Nuclear magnetic resonance-based metabolomics identifies phenylalanine as a novel predictor of incident heart failure hospitalisation: results from PROSPER and FINRISK 1997

Affiliations
Randomized Controlled Trial

Nuclear magnetic resonance-based metabolomics identifies phenylalanine as a novel predictor of incident heart failure hospitalisation: results from PROSPER and FINRISK 1997

Christian Delles et al. Eur J Heart Fail. 2018 Apr.

Abstract

Aims: We investigated the association between quantified metabolite, lipid and lipoprotein measures and incident heart failure hospitalisation (HFH) in the elderly, and examined whether circulating metabolic measures improve HFH prediction.

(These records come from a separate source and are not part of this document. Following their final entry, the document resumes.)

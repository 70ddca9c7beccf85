-- ===== src/Firmware/Fenced.antt =====
-- A result of firmware/main/control.c that succeeds comes after the events of the run.
use esp_now_harness.Common.{
  ℕ, suc, not, ◌+◌, u32, ◌≤◌, ◌<◌, ◌≡◌, refl, inl, inr, Bool, true, false, List, length, arith,
  Bool-cases, ◌∙◌,
}
use esp_now_harness.Runtime.{EspErr, esp_ok, System, M, Platform, is_ok}
use esp_now_harness.Radio.{radio_wait_idle}
use esp_now_harness.Runtime.Frame.{at_if, Within, Frame, CallsWithin}
use esp_now_harness.Metrics.Report.{Report}
use esp_now_harness.Metrics.Distribution.Quantile.{Quantile}
use esp_now_harness.Radio.Within.{radio_wait_idle-Within}
use esp_now_harness.Radio.Configure.{Driver}
use esp_now_harness.Generator.Stop.{stopped_before, generator_wait_stopped}
use esp_now_harness.Receiver.{Event, ev_barrier}
use esp_now_harness.Receiver.Queue.{Mailbox, receiver_flush}
use esp_now_harness.Receiver.Fence.{Fifo, barriers, receiver_flush-fence}
use esp_now_harness.Control.Json.{Cjson}
use esp_now_harness.Control.Dispatch.{
  Services, Body, result_body, is_finished, when_true, if_drained, and_also, wait_idle_ok,
  drain_measurement_events, stopped_and_drained, when_drained, send_result, result,
}
use esp_now_harness.Firmware.{services, has_stopped}
use esp_now_harness.Firmware.Interface.{stopped_before-Within}
use esp_now_harness.Firmware.Settled.{stopped_before_gone, has_stopped-some}

-- Both sides of `a && b` that is true have run.
when_true-true :
    {W : Type 0} (first : Bool) (b : M W Bool) (s : System W)
    → (when_true first b s).0 ≡ true
    → (first ≡ true) × ((b s).0 ≡ true) × ((when_true first b s).1 ≡ (b s).1)
when_true-true true b s e = (refl, e, refl)
when_true-true false b s e = cc

-- What holds after the second side holds after both.
when_true_after :
    {W : Type 0} (P : System W → Type 0) (first : Bool) (b : M W Bool) (s : System W)
    → (first ≡ true → (b s).0 ≡ true → P (b s).1)
    → (when_true first b s).0 ≡ true
    → P (when_true first b s).1
when_true_after P true b s h e = h refl e
when_true_after P false b s h e = cc

if_drained_after :
    {W : Type 0} (P : W → Type 0) (drained : Bool) (reply : M W Body) (t : System W)
    (report : Report)
    → (reply t).1.world ≡ t.world
    → (drained ≡ true → P t.world)
    → (if_drained drained reply t).0 ≡ result_body report
    → P (if_drained drained reply t).1.world
if_drained_after P true reply t report same h e = rw same (h refl)
if_drained_after P false reply t report same h e = cc

and_also-true :
    {W : Type 0} (a b : M W Bool) (s : System W)
    → (and_also a b s).0 ≡ true
    → ((a s).0 ≡ true) × ((b (a s).1).0 ≡ true) × ((and_also a b s).1 ≡ (b (a s).1).1)
and_also-true a b s e = let (first, t) = a s in when_true-true first b t e

is_ok-true : (e : EspErr) → is_ok e ≡ true → e ≡ esp_ok
is_ok-true esp_ok h = refl
is_ok-true _ h = cc

-- The control task has taken a notification for every barrier that it posted.
abbrev pub Balanced : {W : Type 0} {p : Platform W} {mb : Mailbox W} → Fifo p mb → System W → Type 0
Balanced x s = x.taken s.world ≡ barriers (x.accepted s.world)

abbrev pub Opened : {W : Type 0} {p : Platform W} {mb : Mailbox W} → Fifo p mb → System W → Type 0
Opened x s = suc (x.taken s.world) ≡ barriers (x.accepted s.world)

abbrev pub Handles :
    {W : Type 0} {p : Platform W} {mb : Mailbox W} → Fifo p mb → System W → System W → Type 0
Handles x s t = x.handled s.world ≤ x.handled t.world

-- The calls of the system leave no notification behind that they take, and the receiver's task goes on.
pub record Fences {W : Type 0} {p : Platform W} {mb : Mailbox W} (x : Fifo p mb) : Type 0 where
  pub handles : CallsWithin (Handles x) p
  pub send_handles : (e : Event) (ms : ℕ) → Within (Handles x) (mb.queue_send e ms)
  pub balances : CallsWithin (λ s t. Balanced x s → Balanced x t) p
  -- After the control task has posted a barrier one notification is to come, and no other task posts one.
  pub post_opens :
      (ms : ℕ) (s : System W)
      → Balanced x s
      → (mb.queue_send ev_barrier ms s).0 ≡ true
      → Opened x (mb.queue_send ev_barrier ms s).1
  pub take_closes :
      (ms : ℕ) (s : System W)
      → Opened x s
      → (p.notify_take ms s).0 ≡ true
      → Balanced x (p.notify_take ms s).1

-- What drain_measurement_events does from `u` to the world `w`: two rounds of a flush and a wait for an idle radio,
-- and a flush. Each flush has every event handled that the queue had accepted when it began.
pub record Drained {W : Type 0} {p : Platform W} {mb : Mailbox W} (x : Fifo p mb) (u : System W)
    (w : W) : Type 0 where
  pub flushed : System W
  pub idle : System W
  pub flushed_again : System W
  pub idle_again : System W
  pub flush_first : receiver_flush p mb 2000 u ≡ (true, flushed)
  pub handled_first : length (x.accepted u.world) < x.handled flushed.world
  pub idle_first : radio_wait_idle p 2000 flushed ≡ (esp_ok, idle)
  pub flush_second : receiver_flush p mb 2000 idle ≡ (true, flushed_again)
  pub handled_second : length (x.accepted idle.world) < x.handled flushed_again.world
  pub idle_second : radio_wait_idle p 2000 flushed_again ≡ (esp_ok, idle_again)
  pub handled_third : length (x.accepted idle_again.world) < x.handled w

Handles-frame : {W : Type 0} {p : Platform W} {mb : Mailbox W} (x : Fifo p mb) → Frame (Handles x)
Handles-frame x = record {
  same = λ s. omega arith;
  then_ = λ a b c h k. omega arith;
  metrics_free = λ f s. omega arith;
}

Balanced-frame :
    {W : Type 0} {p : Platform W} {mb : Mailbox W} (x : Fifo p mb)
    → Frame (λ s t. Balanced x s → Balanced x t)
Balanced-frame x = record {
  same = λ s h. h;
  then_ = λ a b c h k y. k (h y);
  metrics_free = λ f s h. h;
}

module _ {W J : Type 0} (p : Platform W) (d : Driver W) (mb : Mailbox W) (rest : ℕ → List ℕ)
    (peers waits : ℕ) (c : Cjson J) (sscanf : List ℕ → List ℕ) (ceil_times : Quantile → ℕ → ℕ)
    (x : Fifo p mb) (y : Fences x) where
  open x use {accepted, handled, taken}

  abbrev v : Services W
  v = services p d mb rest peers waits

  abbrev flush : M W Bool
  flush = receiver_flush p mb 2000

  -- A flush that returns true has every event handled that the queue had accepted when it began.
  flushed :
      (s : System W)
      → Balanced x s
      → (flush s).0 ≡ true
      → (length (accepted s.world) < handled (flush s).1.world) × Balanced x (flush s).1
  unfolding receiver_flush
  flushed s h e =
      let n = s.node in
      let u = (mb.queue_send ev_barrier 2000 s).1 in
      let P : Bool × System W → Type 0 = λ r. r.0 ≡ true → Balanced x r.1 in
      let balanced =
        at_if P (not n.queue) _ _ s (λ _ e. cc)
          (λ _.
            at_if P (mb.queue_send ev_barrier 2000 s).0 _ _ u
              (λ posted took. y.take_closes 2000 u (y.post_opens 2000 s h posted) took)
              (λ _ e. cc)) in
      ((receiver_flush-fence p mb x 2000 s h e).0, balanced e)

  idle_Balanced : (s : System W) → Balanced x s → Balanced x (radio_wait_idle p 2000 s).1
  idle_Balanced s h = (radio_wait_idle-Within (Balanced-frame x) p y.balances 2000).at s h

  idle_ok :
      (s : System W)
      → (wait_idle_ok v c sscanf ceil_times 2000 s).0 ≡ true
      → (radio_wait_idle p 2000 s).0 ≡ esp_ok
  unfolding wait_idle_ok
  idle_ok s e = is_ok-true (radio_wait_idle p 2000 s).0 e

  drain-Drained :
      (u : System W)
      → Balanced x u
      → (drain_measurement_events v c sscanf ceil_times u).0 ≡ true
      → Drained x u (drain_measurement_events v c sscanf ceil_times u).1.world
  unfolding drain_measurement_events wait_idle_ok
  drain-Drained u h e =
      let last : M W Bool = and_also (wait_idle_ok v c sscanf ceil_times 2000) flush in
      let middle : M W Bool =
        and_also (wait_idle_ok v c sscanf ceil_times 2000) (and_also flush last) in
      let (a1, e1, q1) = and_also-true flush middle u e in
      let (h1, k1) = flushed u h a1 in
      let s = (flush u).1 in
      let (a2, e2, q2) =
        and_also-true (wait_idle_ok v c sscanf ceil_times 2000) (and_also flush last) s e1 in
      let s' = (radio_wait_idle p 2000 s).1 in
      let (a3, e3, q3) = and_also-true flush last s' e2 in
      let (h3, k3) = flushed s' (idle_Balanced s k1) a3 in
      let r = (flush s').1 in
      let (a4, e4, q4) = and_also-true (wait_idle_ok v c sscanf ceil_times 2000) flush r e3 in
      let r' = (radio_wait_idle p 2000 r).1 in
      let (h5, k5) = flushed r' (idle_Balanced r k3) e4 in
      record {
        flushed = s;
        idle = s';
        flushed_again = r;
        idle_again = r';
        flush_first = λ i. (a1 i, s);
        handled_first = h1;
        idle_first = λ i. (idle_ok s a2 i, s');
        flush_second = λ i. (a3 i, r);
        handled_second = h3;
        idle_second = λ i. (idle_ok r a4 i, r');
        handled_third = rw (q1 ∙ q2 ∙ q3 ∙ q4) h5;
      }

  -- The generator's task was gone in `u`, whose events are all handled at `t`.
  abbrev Fenced : System W → W → Type 0
  Fenced u w = (u.node.handle ≡ false) × Drained x u w

  when_stopped-Fenced :
      (stopped : Bool) (u : System W)
      → (stopped ≡ true → u.node.handle ≡ false)
      → Balanced x u
      → (when_true stopped (drain_measurement_events v c sscanf ceil_times) u).0 ≡ true
      → Fenced u (when_true stopped (drain_measurement_events v c sscanf ceil_times) u).1.world
  when_stopped-Fenced stopped u h k e =
      when_true_after (λ t. Fenced u t.world) stopped
        (drain_measurement_events v c sscanf ceil_times) u
        (λ y drained. (h y, drain-Drained u k drained)) e

  stopped_and_drained-Fenced :
      (s : System W)
      → Balanced x s
      → (stopped_and_drained v c sscanf ceil_times s).0 ≡ true
      → Fenced
          (generator_wait_stopped p waits 2000 s).1
          (stopped_and_drained v c sscanf ceil_times s).1.world
  unfolding stopped_and_drained generator_wait_stopped
  stopped_and_drained-Fenced s h e =
      let (now, t) = p.tick_count s in
      let deadline = u32 (now + p.ms_to_ticks 2000) in
      let (r, u) = stopped_before p waits deadline t in
      when_stopped-Fenced (has_stopped r) u
        (λ f. stopped_before_gone p waits deadline t (has_stopped-some r f))
        ((stopped_before-Within (Balanced-frame x) p y.balances waits deadline).at t
          (y.balances.tick_within.at s h))
        e

  drained_reply-Fenced :
      (drained : Bool) (u t : System W) (report : Report)
      → (drained ≡ true → Fenced u t.world)
      → (if_drained drained (send_result v c sscanf ceil_times) t).0 ≡ result_body report
      → Fenced u (if_drained drained (send_result v c sscanf ceil_times) t).1.world
  unfolding send_result
  drained_reply-Fenced drained u t report h e =
      if_drained_after (Fenced u) drained (send_result v c sscanf ceil_times) t report refl h e

  -- A result that replies with a report comes after the events of the run. When its wait for the
  -- generator ends the generator's task is gone. From there on, a flush succeeds, by which every event is
  -- handled that the queue has accepted by then; the radio is found idle; a second flush succeeds, by which
  -- every event is handled that the queue had accepted when the radio was idle, the echoes' among them; the
  -- radio is found idle again; and when the report is made every event is handled that the queue had
  -- accepted by then. The control task is to have taken a notification for every barrier that it posted
  -- before; the other tasks and the callbacks run in every call, and post no barrier.
  pub result_fenced :
      (report : Report) (s : System W)
      → Balanced x s
      → (result v c sscanf ceil_times s).0 ≡ result_body report
      → let u = (generator_wait_stopped p waits 2000 s).1 in
        let t = (result v c sscanf ceil_times s).1 in (u.node.handle ≡ false) × Drained x u t.world
  unfolding result when_drained
  result_fenced report s h e =
      let (drained, t) = stopped_and_drained v c sscanf ceil_times s in
      let u = (generator_wait_stopped p waits 2000 s).1 in
      elim (Bool-cases (is_finished s.node.state)) [
        | inl y ↦
            rw y (drained_reply-Fenced drained u t report (stopped_and_drained-Fenced s h) (cc))
        | inr n ↦ cc
      ]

Methods and results: Overall, 80 metabolic measures from the PROspective Study of Pravastatin in the Elderly at Risk (PROSPER) trial were measured by proton nuclear magnetic resonance spectroscopy (n = 5341; 182 HFH events during 2.7-year follow-up). We repeated the work in FINRISK 1997 (n = 7330; 133 HFH events during 5-year follow-up). In PROSPER, the circulating concentrations of 13 metabolic measures were found to be significantly different in those who were later hospitalised for heart failure after correction for multiple comparisons. These included creatinine, phenylalanine, glycoprotein acetyls, 3-hydroxybutyrate, and various high-density lipoprotein measures. In Cox models, two metabolites were associated with risk of HFH after adjustment for clinical risk factors and N-terminal pro-B-type natriuretic peptide (NT-proBNP): phenylalanine [hazard ratio (HR) 1.29, 95% confidence interval (CI) 1.10-1.53; P = 0.002] and acetate (HR 0.81, 95% CI 0.68-0.98; P = 0.026). Both were retained in the final model after backward elimination. Compared to a model with established risk factors and NT-proBNP, this model did not improve the C-index but did improve the overall continuous net reclassification index (NRI 0.21; 95% CI 0.06-0.35; P = 0.007) due to improvement in classification of non-cases (NRI 0.14; 95% CI 0.12-0.17; P < 0.001). Phenylalanine was replicated as a predictor of HFH in FINRISK 1997 (HR 1.23, 95% CI 1.03-1.48; P = 0.023).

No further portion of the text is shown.